** AIM OF THE TASK **
All of the records must be repeated exactly.

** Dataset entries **
┌──

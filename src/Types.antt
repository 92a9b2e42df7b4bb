-- ===== src/Types.antt =====
-- internal/types/constraint.go: the normalized constraint that every component exchanges.
-- The Go string types (`ConstraintType`, `Severity`, `DetailLevel`) hold any string, so they are
-- strings here, with the source's constants. A nil slice or map is the empty list.
pub mod Value
use nightjar.Prelude.{
  String, ◌≡◌, ◌↔◌, Bool, true, ◌&&◌, Option, none, List, [], arith, Comparable, eq_iff, ◌==◌,
  string_eq,
}
use Value.{Object}

-- schema.GroupVersionResource: three strings, compared field by field.
pub record GroupVersionResource : Type 0 where
  pub group : String
  pub version : String
  pub resource : String

abbrev pub gvr_eqb : GroupVersionResource → GroupVersionResource → Bool
gvr_eqb a b = (a.group == b.group) && ((a.version == b.version) && (a.resource == b.resource))

pub gvr_eqb_iff : (a b : GroupVersionResource) → (gvr_eqb a b ≡ true) ↔ (a ≡ b)
gvr_eqb_iff a b =
    ground (arith, eq_iff a.group b.group, eq_iff a.version b.version, eq_iff a.resource b.resource)

instance abbrev pub gvr_eq : Comparable GroupVersionResource
gvr_eq = record { same = gvr_eqb; same_iff = gvr_eqb_iff }

abbrev pub ConstraintType : Type 0
ConstraintType = String

abbrev pub constraint_type_network_ingress : ConstraintType
constraint_type_network_ingress = "NetworkIngress"

abbrev pub constraint_type_network_egress : ConstraintType
constraint_type_network_egress = "NetworkEgress"

abbrev pub constraint_type_admission : ConstraintType
constraint_type_admission = "Admission"

abbrev pub constraint_type_resource_limit : ConstraintType
constraint_type_resource_limit = "ResourceLimit"

abbrev pub constraint_type_mesh_policy : ConstraintType
constraint_type_mesh_policy = "MeshPolicy"

abbrev pub constraint_type_missing : ConstraintType
constraint_type_missing = "MissingResource"

abbrev pub constraint_type_unknown : ConstraintType
constraint_type_unknown = "Unknown"

abbrev pub Severity : Type 0
Severity = String

abbrev pub severity_critical : Severity
severity_critical = "Critical"

abbrev pub severity_warning : Severity
severity_warning = "Warning"

abbrev pub severity_info : Severity
severity_info = "Info"

abbrev pub DetailLevel : Type 0
DetailLevel = String

abbrev pub detail_level_summary : DetailLevel
detail_level_summary = "summary"

abbrev pub detail_level_detailed : DetailLevel
detail_level_detailed = "detailed"

abbrev pub detail_level_full : DetailLevel
detail_level_full = "full"

-- metav1.LabelSelectorRequirement and metav1.LabelSelector
pub record LabelSelectorRequirement : Type 0 where
  pub key : String
  pub operator : String
  pub requirement_values : List String

pub record LabelSelector : Type 0 where
  pub match_labels : List (String × String)
  pub match_expressions : List LabelSelectorRequirement

pub record RemediationStep : Type 0 where
  pub type : String
  pub description : String
  pub command : String
  pub patch : String
  pub template : String
  pub url : String
  pub contact : String
  pub requires_privilege : String

pub record ResourceTarget : Type 0 where
  pub api_groups : List String
  pub resources : List String

pub record Constraint : Type 0 where
  pub uid : String
  pub source : GroupVersionResource
  pub name : String
  pub namespace : String
  pub affected_namespaces : List String
  pub namespace_selector : Option LabelSelector
  pub workload_selector : Option LabelSelector
  pub resource_targets : List ResourceTarget
  pub constraint_type : ConstraintType
  pub effect : String
  pub severity : Severity
  pub details : Object
  pub summary : String
  pub remediation_hint : String
  pub remediation : List RemediationStep
  pub tags : List String
  pub raw_object : Option Object

-- `Constraint{}`, the zero value.
abbrev pub zero_constraint : Constraint
zero_constraint = record {
  uid = "";
  source = record { group = ""; version = ""; resource = "" };
  name = "";
  namespace = "";
  affected_namespaces = [];
  namespace_selector = none;
  workload_selector = none;
  resource_targets = [];
  constraint_type = "";
  effect = "";
  severity = "";
  details = Value.end;
  summary = "";
  remediation_hint = "";
  remediation = [];
  tags = [];
  raw_object = none;
}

└──

** ANSWER BOX **
filename src/Types.antt
repository 92a9b2e42df7b4bb
-- ===== src/Types.antt =====
-- internal/types/constraint.go: the normalized constraint that every component exchanges.
-- The Go string types (`ConstraintType`, `Severity`, `DetailLevel`) hold any string, so they are
-- strings here, with the source's constants. A nil slice or map is the empty list.
pub mod Value
use nightjar.Prelude.{
  String, ◌≡◌, ◌↔◌, Bool, true, ◌&&◌, Option, none, List, [], arith, Comparable, eq_iff, ◌==◌,
  string_eq,
}
use Value.{Object}

-- schema.GroupVersionResource: three strings, compared field by field.
pub record GroupVersionResource : Type 0 where
  pub group : String
  pub version : String
  pub resource : String

abbrev pub gvr_eqb : GroupVersionResource → GroupVersionResource → Bool
gvr_eqb a b = (a.group == b.group) && ((a.version == b.version) && (a.resource == b.resource))

pub gvr_eqb_iff : (a b : GroupVersionResource) → (gvr_eqb a b ≡ true) ↔ (a ≡ b)
gvr_eqb_iff a b =
    ground (arith, eq_iff a.group b.group, eq_iff a.version b.version, eq_iff a.resource b.resource)

instance abbrev pub gvr_eq : Comparable GroupVersionResource
gvr_eq = record { same = gvr_eqb; same_iff = gvr_eqb_iff }

abbrev pub ConstraintType : Type 0
ConstraintType = String

abbrev pub constraint_type_network_ingress : ConstraintType
constraint_type_network_ingress = "NetworkIngress"

abbrev pub constraint_type_network_egress : ConstraintType
constraint_type_network_egress = "NetworkEgress"

abbrev pub constraint_type_admission : ConstraintType
constraint_type_admission = "Admission"

abbrev pub constraint_type_resource_limit : ConstraintType
constraint_type_resource_limit = "ResourceLimit"

abbrev pub constraint_type_mesh_policy : ConstraintType
constraint_type_mesh_policy = "MeshPolicy"

abbrev pub constraint_type_missing : ConstraintType
constraint_type_missing = "MissingResource"

abbrev pub constraint_type_unknown : ConstraintType
constraint_type_unknown = "Unknown"

abbrev pub Severity : Type 0
Severity = String

abbrev pub severity_critical : Severity
severity_critical = "Critical"

abbrev pub severity_warning : Severity
severity_warning = "Warning"

abbrev pub severity_info : Severity
severity_info = "Info"

abbrev pub DetailLevel : Type 0
DetailLevel = String

abbrev pub detail_level_summary : DetailLevel
detail_level_summary = "summary"

abbrev pub detail_level_detailed : DetailLevel
detail_level_detailed = "detailed"

abbrev pub detail_level_full : DetailLevel
detail_level_full = "full"

-- metav1.LabelSelectorRequirement and metav1.LabelSelector
pub record LabelSelectorRequirement : Type 0 where
  pub key : String
  pub operator : String
  pub requirement_values : List String

pub record LabelSelector : Type 0 where
  pub match_labels : List (String × String)
  pub match_expressions : List LabelSelectorRequirement

pub record RemediationStep : Type 0 where
  pub type : String
  pub description : String
  pub command : String
  pub patch : String
  pub template : String
  pub url : String
  pub contact : String
  pub requires_privilege : String

pub record ResourceTarget : Type 0 where
  pub api_groups : List String
  pub resources : List String

pub record Constraint : Type 0 where
  pub uid : String
  pub source : GroupVersionResource
  pub name : String
  pub namespace : String
  pub affected_namespaces : List String
  pub namespace_selector : Option LabelSelector
  pub workload_selector : Option LabelSelector
  pub resource_targets : List ResourceTarget
  pub constraint_type : ConstraintType
  pub effect : String
  pub severity : Severity
  pub details : Object
  pub summary : String
  pub remediation_hint : String
  pub remediation : List RemediationStep
  pub tags : List String
  pub raw_object : Option Object

-- `Constraint{}`, the zero value.
abbrev pub zero_constraint : Constraint
zero_constraint = record {
  uid = "";
  source = record { group = ""; version = ""; resource = "" };
  name = "";
  namespace = "";
  affected_namespaces = [];
  namespace_selector = none;
  workload_selector = none;
  resource_targets = [];
  constraint_type = "";
  effect = "";
  severity = "";
  details = Value.end;
  summary = "";
  remediation_hint = "";
  remediation = [];
  tags = [];
  raw_object = none;
}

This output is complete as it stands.